# Iowa Blue vs. Pencil Rock



## HonestOmnivore (Feb 26, 2013)

Help! I hatched out three types of chicks at the same time: Iowa Blues, Penciled Rocks, and a backyard bred Cornish Rock hybrid. Five months later the Cornish rocks are pretty distinctive, and the penciled hens... But I can't tell the Iowa Blue cockerls from the penciled rock cockerls? And some of the hems could be "weak" penciled rocks (coloring wise). Any one have any ideas?


----------



## ksalvagno (Oct 6, 2009)

Can you post pictures?

How is Millie doing?


----------



## HonestOmnivore (Feb 26, 2013)

OMG we love her soooooooo much! She totally bullies our three NDGs but overall she's a sweet herd lead! She's the first one milked and she stations herself outside the door calling with her musical voice until all three NDGs have been milked and turned out with her.
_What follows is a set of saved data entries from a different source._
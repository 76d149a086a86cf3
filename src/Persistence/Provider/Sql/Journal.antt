-- ===== src/Persistence/Provider/Sql/Journal.antt =====
-- What is persisted in the database is read back (persistence/sql_provider.go with PersistReceive of
-- persistence/plugin.go).
use mathlib.Core.List.{append-nil, append_assoc}
use text.Mathlib.TextPositions.{eq_refl}
use completer.Prelude.{
  ℕ, suc, ◌+◌, ◌≤◌, ◌<◌, ◌≡◌, refl, sym, ap, ◌∙◌, subst, inl, inr, ◌⊎◌, String, List, [], ◌∷◌, ◌++◌,
  none, some, arith, Outcome, done, panicked, out_of_fuel, done-injective, ◌>>=◌, length, for_each,
  reading_events_failed, Option-cases,
}
use completer.Persistence.Provider.{enumerate}
use completer.Persistence.Provider.Sql.{
  EventRow, JournalDb, JournalDbLaws, Codec, persist_event, read_rows, get_events, new_sql_provider,
  wanted, IsRising, query_ended, complete, cut_short, scan_failed,
}
use completer.Persistence.Mixin.{Mixin, persist_receive}

wanted-append :
    (name : String) (start : ℕ) (rs ss : List EventRow)
    → wanted name start (rs ++ ss) ≡ wanted name start rs ++ wanted name start ss
wanted-append name start [] ss = refl
wanted-append name start (r ∷ rs) ss = ground (arith, wanted-append name start rs ss)

IsRising-append :
    (b c : ℕ) (rs : List EventRow) (r : EventRow)
    → IsRising b rs
    → b ≤ r.event_index
    → r.event_index < c
    → IsRising c (rs ++ r ∷ [])
IsRising-append b c [] r h l m = m
IsRising-append b c (s ∷ []) r h l m = (omega (arith, h, l), m)
IsRising-append b c (s ∷ t ∷ rs) r h l m = (h.0, IsRising-append b c (t ∷ rs) r h.1 l m)

module _ {M D : Type 0} (c : Codec M) (db : JournalDb D) (rows : D → List EventRow)
    (laws : JournalDbLaws db rows)
    (decodes : (m : M) (bytes : List ℕ)
      → c.marshal m ≡ some bytes
      → c.extract_data (c.message_name m) bytes ≡ some m) where
  read_rows-append :
      (rs : List EventRow) (es : List (ℕ × M)) (r : EventRow) (m : M)
      → read_rows c db rs ≡ (es, none)
      → c.extract_data r.event_type r.event ≡ some m
      → read_rows c db (rs ++ r ∷ []) ≡ (es ++ (r.event_index, m) ∷ [], none)
  unfolding read_rows
  read_rows-append [] es r m h e = ground (arith, h, e)
  read_rows-append (s ∷ rs) es r m h e = elim (Option-cases (c.extract_data s.event_type s.event)) [
    | inl q ↦ absurd (ground (arith, h, q))
    | inr (k, q) ↦
        let first : (s.event_index, k) ∷ (read_rows c db rs).0 ≡ es = ground (arith, h, q) in
        let whole : read_rows c db rs ≡ ((read_rows c db rs).0, none) = ground (arith, h, q) in
        ground (arith, q, first, read_rows-append rs (read_rows c db rs).0 r m whole e)
  ]

  -- One event more in the journal.
  abbrev row_of : Mixin D → M → List ℕ → EventRow
  row_of x m bytes = record {
    actor_name = x.name;
    event_type = c.message_name m;
    event_index = x.event_index;
    event = bytes;
  }

  persisted_row :
      (interval : ℕ) (m : M) (x y : Mixin D)
      → persist_receive (new_sql_provider c db interval) m x ≡ done y
      → (bytes : List ℕ) × (c.marshal m ≡ some bytes)
        × (y.name ≡ x.name)
        × (y.event_index ≡ suc x.event_index)
        × (rows y.journal ≡ rows x.journal ++ row_of x m bytes ∷ [])
  unfolding persist_receive new_sql_provider persist_event
  persisted_row interval m x y h = elim (Option-cases (c.marshal m)) [
    | inl q ↦ absurd (ground (arith, h, q))
    | inr (bytes, q) ↦ elim (Option-cases (db.replace_event (row_of x m bytes) x.journal)) [
      | inl k ↦ absurd (ground (arith, h, q, k))
      | inr (e, k) ↦ (
        bytes,
        q,
        ground (arith, h, q, k),
        ground (arith, h, q, k),
        subst (λ d. rows d ≡ rows x.journal ++ row_of x m bytes ∷ []) (ground (arith, h, q, k))
            (laws.inserted (row_of x m bytes) x.journal e k),
      )
    ]
  ]

  -- What an actor's journal holds from an index on, with its next event index.
  pub record Holds (start : ℕ) (x : Mixin D) (es : List (ℕ × M)) : Type 0 where
    pub from_here : start ≤ x.event_index
    pub rising : IsRising x.event_index (wanted x.name start (rows x.journal))
    pub read : read_rows c db (wanted x.name start (rows x.journal)) ≡ (es, none)

  persist_receive-Holds :
      (interval start : ℕ) (m : M) (x y : Mixin D) (es : List (ℕ × M))
      → Holds start x es
      → persist_receive (new_sql_provider c db interval) m x ≡ done y
      → Holds start y (es ++ (x.event_index, m) ∷ [])
  persist_receive-Holds interval start m x y es h p =
      let (bytes, q, name, index, added) = persisted_row interval m x y p in
      let r = row_of x m bytes in
      let tail : wanted x.name start (r ∷ []) ≡ r ∷ [] =
        ground (arith, eq_refl x.name, h.from_here) in
      let same : wanted y.name start (rows y.journal)
          ≡ wanted x.name start (rows x.journal) ++ r ∷ [] =
        ap (λ n. wanted n start (rows y.journal)) name
        ∙ ap (wanted x.name start) added
        ∙ wanted-append x.name start (rows x.journal) (r ∷ [])
        ∙ ap (λ t. wanted x.name start (rows x.journal) ++ t) tail in
      record {
        from_here = omega (arith, h.from_here, index);
        rising = rw same (
            IsRising-append x.event_index y.event_index (wanted x.name start (rows x.journal)) r
              h.rising (omega arith) (omega (arith, index)));
        read =
            ap (read_rows c db) same
            ∙ read_rows-append (wanted x.name start (rows x.journal)) es r m h.read
                (decodes m bytes q);
      }

  persisted_Holds :
      (interval start : ℕ) (ms : List M) (x y : Mixin D) (es : List (ℕ × M))
      → Holds start x es
      → for_each (persist_receive (new_sql_provider c db interval)) ms x ≡ done y
      → (y.name ≡ x.name)
        × (y.event_index ≡ x.event_index + length ms)
        × Holds start y (es ++ enumerate x.event_index ms)
  unfolding for_each enumerate
  persisted_Holds interval start [] x y es h p =
      let same : x ≡ y = done-injective p in
      (
        ap (λ (z : Mixin D). z.name) (sym same),
        omega (arith, ap (λ (z : Mixin D). z.event_index) same),
        subst (λ (z : Mixin D). Holds start z (es ++ [])) same (rw (append-nil es) h),
      )
  persisted_Holds interval start (m ∷ ms) x y es h p =
      first (persist_receive (new_sql_provider c db interval) m x)
        (persisted_Holds interval start ms) refl p
    where
      first :
          (o : Outcome (Mixin D))
          → ((x y : Mixin D) (es : List (ℕ × M))
              → Holds start x es
              → for_each (persist_receive (new_sql_provider c db interval)) ms x ≡ done y
              → (y.name ≡ x.name)
                × (y.event_index ≡ x.event_index + length ms)
                × Holds start y (es ++ enumerate x.event_index ms))
          → persist_receive (new_sql_provider c db interval) m x ≡ o
          → (o >>= for_each (persist_receive (new_sql_provider c db interval)) ms) ≡ done y
          → (y.name ≡ x.name)
            × (y.event_index ≡ x.event_index + length (m ∷ ms))
            × Holds start y (es ++ enumerate x.event_index (m ∷ ms))
      first (done z) rest q p =
          let (bytes, coded, name, index, added) = persisted_row interval m x z q in
          let (name', index', held) =
            rest z y (es ++ (x.event_index, m) ∷ [])
              (persist_receive-Holds interval start m x z es h q) p in
          (
            name' ∙ name,
            omega (arith, index, index'),
            subst (Holds start y)
                (append_assoc es ((x.event_index, m) ∷ []) (enumerate z.event_index ms)
                  ∙ ap (λ i. es ++ (x.event_index, m) ∷ enumerate i ms) index)
                held,
          )
      first (panicked k) rest q p = absurd (cc)
      first out_of_fuel rest q p = absurd (cc)

  -- Rows that are all read are read from the first on.
  read_rows-prefix :
      (rs rest : List EventRow) (es : List (ℕ × M))
      → read_rows c db (rs ++ rest) ≡ (es, none)
      → (firsts others : List (ℕ × M)) × (es ≡ firsts ++ others)
        × (read_rows c db rs ≡ (firsts, none))
  unfolding read_rows
  read_rows-prefix [] rest es h = ([], es, refl, refl)
  read_rows-prefix (r ∷ rs) rest es h = elim (Option-cases (c.extract_data r.event_type r.event)) [
    | inl q ↦ absurd (ground (arith, h, q))
    | inr (m, q) ↦
        let first : (r.event_index, m) ∷ (read_rows c db (rs ++ rest)).0 ≡ es =
          ground (arith, h, q) in
        let whole : read_rows c db (rs ++ rest) ≡ ((read_rows c db (rs ++ rest)).0, none) =
          ground (arith, h, q) in
        let (firsts, others, split, read) =
          read_rows-prefix rs rest (read_rows c db (rs ++ rest)).0 whole in
        (
          (r.event_index, m) ∷ firsts,
          others,
          sym first ∙ ap (λ l. (r.event_index, m) ∷ l) split,
          ground (arith, q, read),
        )
  ]

  -- What GetEvents gives, of the events that the journal holds, by how its query ends.
  abbrev pub IsRead : String → ℕ → D → List (ℕ × M) → Type 0
  IsRead name start d es =
      ((query_ended db name start d ≡ none)
        × (get_events c db name start d ≡ ([], some reading_events_failed)))
      ⊎ (((query_ended db name start d ≡ some complete)
            × (get_events c db name start d ≡ (es, none)))
          ⊎ (((query_ended db name start d ≡ some cut_short)
                × (firsts others : List (ℕ × M)) × (es ≡ firsts ++ others)
                × (get_events c db name start d ≡ (firsts, none)))
              ⊎ (query_ended db name start d ≡ some scan_failed)))

  get_events-IsRead :
      (start : ℕ) (x : Mixin D) (es : List (ℕ × M))
      → Holds start x es
      → IsRead x.name start x.journal es
  unfolding get_events
  get_events-IsRead start x es h = elim (Option-cases (db.select_events x.name start x.journal)) [
    | inl q ↦ inl (rw (q, query_ended) refl, rw (q, get_events) refl)
    | inr ((rs, complete), q) ↦
        let all = laws.selected x.name start x.event_index x.journal rs h.rising q in
        inr (inl (rw (q, query_ended) refl, rw (q, get_events) (ap (read_rows c db) all ∙ h.read)))
    | inr ((rs, cut_short), q) ↦
        let (rest, split) =
          laws.selected_first x.name start x.event_index x.journal rs h.rising q in
        let (firsts, others, parts, read) =
          read_rows-prefix rs rest es (ap (read_rows c db) (sym split) ∙ h.read) in
        inr (inr (inl (rw (q, query_ended) refl, firsts, others, parts, rw (q, get_events) read)))
    | inr ((rs, scan_failed), q) ↦ inr (inr (inr (rw (q, query_ended) refl)))
  ]

  -- If the database held for an actor, from an index on, the events `es`, with rising indices below
  -- its next event index, and some events are then persisted for it without a panic, the event
  -- index grows by their number. GetEvents from the same index then panics if its query fails,
  -- gives `es` followed by the new events, each under the event index that it was persisted at, if
  -- the iteration over the rows is complete, and only the first ones of these, without a panic, if
  -- an error cuts the iteration short; or a row could not be scanned. Protocol buffers that were
  -- written can be read.
  pub get_events-persisted :
      (interval start : ℕ) (ms : List M) (x y : Mixin D) (es : List (ℕ × M))
      → Holds start x es
      → for_each (persist_receive (new_sql_provider c db interval)) ms x ≡ done y
      → (y.name ≡ x.name)
        × (y.event_index ≡ x.event_index + length ms)
        × IsRead x.name start y.journal (es ++ enumerate x.event_index ms)
  get_events-persisted interval start ms x y es h p =
      let (name, index, held) = persisted_Holds interval start ms x y es h p in
      (
        name,
        index,
        subst (λ n. IsRead n start y.journal (es ++ enumerate x.event_index ms)) name
            (get_events-IsRead start y (es ++ enumerate x.event_index ms) held),
      )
She may be bossy, but she sure wants her entire herd outside with her! She's producing close to 7 lbs a day, all 3 dwarfs produce a scant 2lbs combined LOL! Her only downside is that she has eaten most of our chicken coop. Who knew she would like old straw bales better than briars, maple leaves and clover (poison ivy is still her FAVORITE!)


----------



## ksalvagno (Oct 6, 2009)

Wow that is great! Amazing that she is still milking so well.


----------



## mjs500doo (Nov 24, 2012)

Need pics to assist.


----------